Pour ce faire, le gouvernement a en outre réservé plus de 11 millions de masques — une quantité bien au-delà des 7 millions de masques que lui réclamaient les provinces.

« Cela ressemble effectivement à un effort de guerre, parce qu’on voit bien que le gouvernement canadien concentre tous ses efforts de production industrielle, tous ses efforts d’approvisionnement autour de la lutte contre le virus », a illustré le président du Conseil du Trésor, Jean-Yves Duclos.

Stratégie nationale

L’association des fabricants de pièces automobiles a même proposé au gouvernement d’apporter sa contribution. M. Trudeau a affirmé que son gouvernement les aiderait à transformer leur chaîne de production pour leur permettre de fabriquer aussi pour l’instant de l’équipement médical.

Jeudi, le premier ministre ontarien, Doug Ford, avait indiqué que les fabricants Martinrea et Magna International s’étaient dits disposés à participer aux efforts de fabrication de respirateurs artificiels.

À Québec, le gouvernement de François Legault dit avoir entamé lui aussi des discussions avec des entreprises en vue de fabriquer, dans la province, des masques et des respirateurs. « Le court terme, il n’y a pas de problème, a dit le premier ministre, lors de son point de presse quotidien. Dans deux, trois semaines, là, ça dépend des scénarios qu’on envisage. On ne veut rien exclure.
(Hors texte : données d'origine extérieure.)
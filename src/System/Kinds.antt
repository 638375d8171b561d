-- ===== src/System/Kinds.antt =====
-- The chunks that each worker gets and sends back, by their states and their errors (worker.go, mgr.go).
use incite.Base.{false}
use incite.Chunk.{starting, started, polling, complete, stopping, stopped}
use incite.Worker.States.{Test}
use incite.System.Ends.{not_eof}

abbrev pub is_clear : Test
is_clear state e = not_eof e

-- The chunks with each worker, and those that it sends back.
abbrev pub is_starting : Test
is_starting starting e = not_eof e
is_starting _ e = false

abbrev pub is_polling : Test
is_polling polling e = not_eof e
is_polling _ e = false

abbrev pub is_stopping : Test
is_stopping stopping e = not_eof e
is_stopping _ e = false

abbrev pub from_starter : Test
from_starter starting e = not_eof e
from_starter started e = not_eof e
from_starter _ e = false

abbrev pub from_poller : Test
from_poller polling e = not_eof e
from_poller complete e = not_eof e
from_poller _ e = false

abbrev pub from_stopper : Test
from_stopper stopping e = not_eof e
from_stopper stopped e = not_eof e
from_stopper _ e = false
On veut regarder les scénarios les plus pessimistes. »

Les ministres fédéraux n’ont pas précisé, à Ottawa, combien de respirateurs artificiels il leur faudrait pour pouvoir soigner tout le monde dans les prochaines semaines. Mais la Dre Tam a fait valoir que les provinces profitent d’une entente qui leur permet de partager en temps de crise leur matériel médical et les travailleurs de la santé qui les font fonctionner.

Encore inquiets

Dans le milieu de la santé au Québec, l’annonce de Justin Trudeau de fabriquer davantage de masques et de respirateurs est bien reçue. Mais l’inquiétude demeure. « Ça me rassure pourvu que la production réponde aux besoins, dit Lise Lapointe, vice-présidente de la FIQ, un syndicat qui représente notamment des infirmières. Est-ce que la mesure va être en vigueur rapidement ? En dedans d’une semaine ? »

Lise Lapointe signale que les GMF, les CLSC et les CHSLD manquent déjà de masques. « L’anxiété commence à monter, parce qu’une personne est décédée dans une résidence pour [aînés] », dit-elle.

Le plan d’Ottawa prévoit par ailleurs que ses millions de dollars en financement en innovation servent désormais à financer en priorité le développement de technologies pouvant contribuer à la lutte contre la COVID-19.

Le premier ministre Trudeau n’avait pas exclu mardi d’appeler l’armée en renfort afin de la mandater pour qu’elle fabrique elle aussi des équipements médicaux essentiels pour contrer la crise et soigner les malades.

Le gouvernement italien a mandaté l’armée de son pays pour qu’elle aide les fabricants à produire des respirateurs artificiels. Ceux-ci sont essentiels pour soigner les malades atteints de la COVID-19, qui entraîne des pneumonies aiguës.